SpeX Iterated PSFs
Sky Coyote, November 2004

We have as input data a movie (data0002.movie) of 8192 64x64 10ms exposure images of a star taken with the IRTF SpeX guider by Doug Toomey on 5/27/00. See the log file for more details. These images show speckle interference of the star passed through the atmosphere and the PSF of the telescope. A typical frame of this data is shown below: The goal is to use these images to construct a good PSF of the telescope. The procedure is to iterate on a PSF, using as a starting point the shift-and-add best images from the movie.

We assume the following:

```   I(t) = (O * A(t)) * P
= A(t) * P

where I(t) = data image frame of movie
O = object, a point source
A(t) = atmosphere PSF of each frame
P = constant PSF of telescope
* = convolution
```

This convolution process is illustrated below, where the boxes outlined in grey are known quantities, and P is to be determined: The iterated procedure is:

```   A(t) = I(t) *' P
P(t) = I(t) *' A(t)
P' = f({P(t)})

where P(t) = 'partial' telescope PSF of each frame
P' = new PSF
f = some function of all P(t)
*' = deconvolution via Lucy-Richardson
```

As a comparison/alternative to this procedure, we also use the autocorrelation procedure from Labeyrie 1970 :

```                    I(t) = O * (abs(F(PP)))^2
= (abs(F(PP)))^2

F(I(t)) = AC(PP)
(abs(F(I(t))))^2 = (abs(AC(PP)))^2
Sum((abs(F(I(t))))^2) = Sum((abs(AC(PP)))^2)

where PP = telescope pupil
F = Fourier transform
abs = absolute value (magnitude)
AC = autocorrelation
Sum = summation
```

The overall procedure is contained in the IDL program psfiter.pro. The steps are:

1. A 256 frame subset of the 8192 frame movie was extracted and saved in data.movie. A 'best' PSF was created by registering all 8192 frames of the movie so that the brightest pixel was in the center of the frame, sorting the registered frames based on the value of the brightest pixel, and then summing the top 500 frames. A starting PSF was created by shifting and adding all 256 frames of the subset movie. These PSFs, normalized to a total of 1, are presented below: The goal of this test was to see if the iterated procedure would transform the starting PSF into something that looked like the 'best' PSF.

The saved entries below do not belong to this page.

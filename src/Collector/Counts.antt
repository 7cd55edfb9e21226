-- ===== src/Collector/Counts.antt =====
-- qz_ref and qz_unref on a cell that others still use: what happens to its count, colour and place in
-- the root buffer.
use quuz.Prelude.{
  ℕ, suc, ◌+◌, ◌-◌, ◌^◌, ◌<◌, ◌≤◌, ◌≡◌, refl, ap, ◌∙◌, inl, inr, true, false, not, ◌||◌, some, List,
  [], ◌∷◌, ◌++◌, length, ltb, ◌==◌, if◌then◌else◌, arith, Bool-cases,
}
use quuz.Object.Tag.{Obj, is_cell, is_null, to_cell}
use quuz.Object.Color
use quuz.Object.Info.{refcount, color, buffered, set_refcount, set_color, set_buffered}
use quuz.Object.Info.Laws.{
  Fields, fields, fields-set_refcount, fields-set_color, fields-set_buffered, refcount-eq,
  buffered-eq, set_refcount-eq, set_color-eq,
}
use quuz.Machine.Store.{State, Cell}
use quuz.Machine.Outcome.{Outcome, ok, pure, and_then, ◌>>◌}
use quuz.Machine.Cell.{update_info}
use quuz.Machine.Cell.Laws.{with_cell, load-ok, update_info-ok, with_cell_self, with_cell-twice}
use quuz.Collector.{
  ref, unref, increment, decrement, call_if_valid_cell, possible_root, set_root_buffer,
  root_buffer_capacity,
}

set_refcount-lt : (b v : ℕ) → b < 2 ^ 64 → v < 2 ^ 56 → set_refcount b v < 2 ^ 64
set_refcount-lt b v h l = rw (set_refcount-eq b v h l) (ground arith)

set_color-lt : (b v : ℕ) → b < 2 ^ 64 → v < 2 ^ 2 → set_color b v < 2 ^ 64
set_color-lt b v h l = rw (set_color-eq b v h l) (ground arith)

-- The cell with another `info`.
abbrev pub with_info : State → ℕ → Cell → ℕ → State
with_info st p c info = with_cell st p (record c { info = info })

-- The three cases of possible_root: a purple cell, one that is in the root buffer, and another.
module _ (st : State) (p : ℕ) (c : Cell) (holds : st.heap p ≡ some c) where
  possible_root-purple : (color c.info == Color.purple) ≡ true → possible_root p st ≡ ok tt st
  unfolding possible_root
  possible_root-purple is_purple = rw (load-ok st p holds) (rw is_purple refl)

  possible_root-buffered :
      (color c.info == Color.purple) ≡ false
      → (buffered c.info == 0) ≡ false
      → possible_root p st ≡ ok tt (with_info st p c (set_color c.info Color.purple))
  unfolding possible_root
  possible_root-buffered other is_buffered = rw (load-ok st p holds) (
      rw other
        (rw (update_info-ok st p holds (λ b. set_color b Color.purple)) (rw is_buffered refl)))

  possible_root-new :
      (color c.info == Color.purple) ≡ false
      → (buffered c.info == 0) ≡ true
      → length st.root_buffer + 1 < root_buffer_capacity
      → possible_root p st
        ≡ ok tt (record (with_info st p c (set_buffered (set_color c.info Color.purple) 1)) {
          root_buffer = st.root_buffer ++ p ∷ [];
        })
  unfolding possible_root set_root_buffer
  possible_root-new other free room =
      let fits : ltb (length st.root_buffer) 16 ≡ true = ground arith in
      let more : (length st.root_buffer + 1 == 16) ≡ false = ground arith in
      let c₁ : Cell = record c { info = set_color c.info Color.purple } in
      let st₁ = with_cell st p c₁ in
      rw (load-ok st p holds) (
        rw other (
          rw (update_info-ok st p holds (λ b. set_color b Color.purple)) (
            rw free (
              rw (update_info-ok st₁ p (with_cell_self st p c₁) (λ b. set_buffered b 1)) (
                rw (fits, more)
                  (ap (λ (s : State). ok tt (record s { root_buffer = st.root_buffer ++ p ∷ [] }))
                    (with_cell-twice st p c₁ _)))))))

module _ (st : State) (obj : Obj) (c : Cell) (cell : is_cell obj ≡ true)
    (valid : is_null obj ≡ false) (holds : st.heap (to_cell obj) ≡ some c)
    (word : c.info < 2 ^ 64) where
  update_twice :
      (f g : ℕ → ℕ)
      → (do update_info (to_cell obj) f; update_info (to_cell obj) g) st
        ≡ ok tt (with_info st (to_cell obj) c (g (f c.info)))
  update_twice f g =
      let p = to_cell obj in
      let c₁ : Cell = record c { info = f c.info } in
      let st₁ = with_cell st p c₁ in
      rw (update_info-ok st p holds f) (
        update_info-ok st₁ p (with_cell_self st p c₁) g
        ∙ ap (λ (s : State). ok tt s) (with_cell-twice st p c₁ _))

  -- qz_ref of a cell returns the object, raises the cell's reference count by one and colours the cell
  -- black; the other fields of `info`, what the cell holds and all other cells stay. The object is a
  -- cell and not null, its `info` has 64 bits, and the count has room for one more.
  pub ref-counts :
      refcount c.info + 1 < 2 ^ 56
      → (info : ℕ) × (ref obj st ≡ ok obj (with_info st (to_cell obj) c info))
        × (fields info
            ≡ record (fields c.info) { refcount = refcount c.info + 1; color = Color.black })
  unfolding ref call_if_valid_cell increment
  ref-counts room = (
    set_color (set_refcount c.info (refcount c.info + 1)) Color.black,
    rw (cell, valid)
        (ap (λ (o : Outcome (Unit {0})). and_then o (λ _. pure obj))
          (update_twice (λ b. set_refcount b (refcount b + 1)) (λ b. set_color b Color.black))),
    fields-set_color _ 0 (set_refcount-lt c.info (refcount c.info + 1) word room) (omega arith)
        ∙ ap (λ (f : Fields). record f { color = Color.black })
            (fields-set_refcount c.info (refcount c.info + 1) word room),
  )

  abbrev lowered : ℕ
  lowered = set_refcount c.info (refcount c.info - 1)

  refcount-lt : refcount c.info < 2 ^ 56
  refcount-lt = rw (refcount-eq c.info) (omega arith)

  lowered-fields : fields lowered ≡ record (fields c.info) { refcount = refcount c.info - 1 }
  lowered-fields =
      fields-set_refcount c.info (refcount c.info - 1) word (omega (arith, refcount-lt))

  lowered-lt : lowered < 2 ^ 64
  lowered-lt = set_refcount-lt c.info (refcount c.info - 1) word (omega (arith, refcount-lt))

  purple-fields :
      fields (set_color lowered Color.purple)
      ≡ record (fields c.info) { refcount = refcount c.info - 1; color = Color.purple }
  purple-fields =
      fields-set_color lowered 3 lowered-lt (omega arith)
      ∙ ap (λ (f : Fields). record f { color = Color.purple }) lowered-fields

  low_cell : Cell
  low_cell = record c { info = lowered }

  low_state : State
  unfolding low_cell
  low_state = with_cell st (to_cell obj) low_cell

  unref-possible_root :
      2 ≤ refcount c.info → 0 < st.brk → unref obj st ≡ possible_root (to_cell obj) low_state
  unfolding unref call_if_valid_cell decrement low_state
  unref-possible_root shared alloc =
      let m = st.brk - 1 in
      let e : st.brk ≡ suc m = omega arith in
      let some_left : (refcount c.info == 0) ≡ false = ground arith in
      let still : (refcount c.info - 1 == 0) ≡ false = ground arith in
      rw (cell, valid)
        (ap (λ (n : ℕ). decrement n (to_cell obj) st) e
          ∙ rw (load-ok st (to_cell obj) holds)
              (rw some_left (rw (update_info-ok st (to_cell obj) holds _) (rw still refl))))

  -- qz_unref of a cell with a count of at least two lowers the count by one, colours the cell purple
  -- and frees nothing. Unless the cell was purple, it is now buffered; if it was neither purple nor
  -- buffered, it is now the last entry of the root buffer, which is otherwise the same. The type, the
  -- dirty bit, what the cell holds and all other cells stay. The object is
  -- not null, its `info` has 64 bits, and the buffer has room for two more.
  pub unref-shared :
      2 ≤ refcount c.info
      → length st.root_buffer + 1 < root_buffer_capacity
      → 0 < st.brk
      → (info : ℕ) × (roots : List ℕ) × (unref obj st
          ≡ ok tt (record (with_info st (to_cell obj) c info) { root_buffer = roots }))
        × (fields info ≡ record (fields c.info) {
          refcount = refcount c.info - 1;
          color = Color.purple;
          buffered = if color c.info == Color.purple then buffered c.info else 1;
        })
        × (roots ≡ (
            if (color c.info == Color.purple) || not (buffered c.info == 0)
            then st.root_buffer
            else st.root_buffer ++ to_cell obj ∷ []))
  unfolding low_state low_cell
  unref-shared shared room alloc =
      let p = to_cell obj in
      let start = unref-possible_root shared alloc in
      let held = with_cell_self st p low_cell in
      let hue : color lowered ≡ color c.info = ap (λ (f : Fields). f.color) lowered-fields in
      let queued : buffered lowered ≡ buffered c.info =
        ap (λ (f : Fields). f.buffered) lowered-fields in
      elim (Bool-cases (color c.info == Color.purple)) [
        | inl is_purple ↦ (
          lowered,
          st.root_buffer,
          start ∙ possible_root-purple low_state p low_cell held (rw hue is_purple),
          rw is_purple (
              lowered-fields
              ∙ ap (λ (k : ℕ). record (fields c.info) { refcount = refcount c.info - 1; color = k })
                  (ground arith)),
          rw is_purple refl,
        )
        | inr other ↦ elim (Bool-cases (buffered c.info == 0)) [
          | inl free ↦ (
            set_buffered (set_color lowered Color.purple) 1,
            st.root_buffer ++ p ∷ [],
            start
                ∙ possible_root-new low_state p low_cell held (rw hue other) (rw queued free) room
                ∙ ap (λ (s : State). ok tt (record s { root_buffer = st.root_buffer ++ p ∷ [] }))
                    (with_cell-twice st p low_cell _),
            rw other (
                fields-set_buffered _ 1 (set_color-lt lowered 3 lowered-lt (omega arith))
                  (omega arith)
                ∙ ap (λ (f : Fields). record f { buffered = 1 }) purple-fields),
            rw (other, free) refl,
          )
          | inr is_buffered ↦ (
            set_color lowered Color.purple,
            st.root_buffer,
            start
                ∙ possible_root-buffered low_state p low_cell held (rw hue other)
                    (rw queued is_buffered)
                ∙ ap (λ (s : State). ok tt s) (with_cell-twice st p low_cell _),
            rw other (
                purple-fields
                ∙ ap
                    (λ (k : ℕ). record (fields c.info) {
                      refcount = refcount c.info - 1;
                      color = Color.purple;
                      buffered = k;
                    })
                    (ground (arith, buffered-eq c.info))),
            rw (other, is_buffered) refl,
          )
        ]
      ]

2. 10 iterations of the procedure were used to create a series of PSFs. At each step, 10 iterations of Lucy-Richardson deconvolution were performed. The function f({P(t)}) is the simple sum of all P(t). The first few results, normalized to a total of 1, are shown below (steps 0-5): However, the iterated PSFs do not approach the 'best' PSF, but instead appear to approach a delta distribution. This is an unfortunate consequence of the fact that a delta distribution is a trivial solution of the equation I(t) = A(t) * P, in which case the A(t) should also approach the input data I(t). This is indeed the case, as can be seen by a comparison of one frame of I(t) and the final A(t): 3. The Labeyrie autocorrelation was calculated and compared to the final value of P. In this case, there is good agreement between the two results: also shown here at a stretched scale: Unfortunately, the Labayrie autocorrelation does not include phase information, so that it is not possible to reconstruct a non-symmetric PSF from this pupil function. Nevertheless, we believe that placing an appropriate constraint on the function f({P(t)}), or on the intermediate values A(t), will prevent the solution P from degrading to the trivial result.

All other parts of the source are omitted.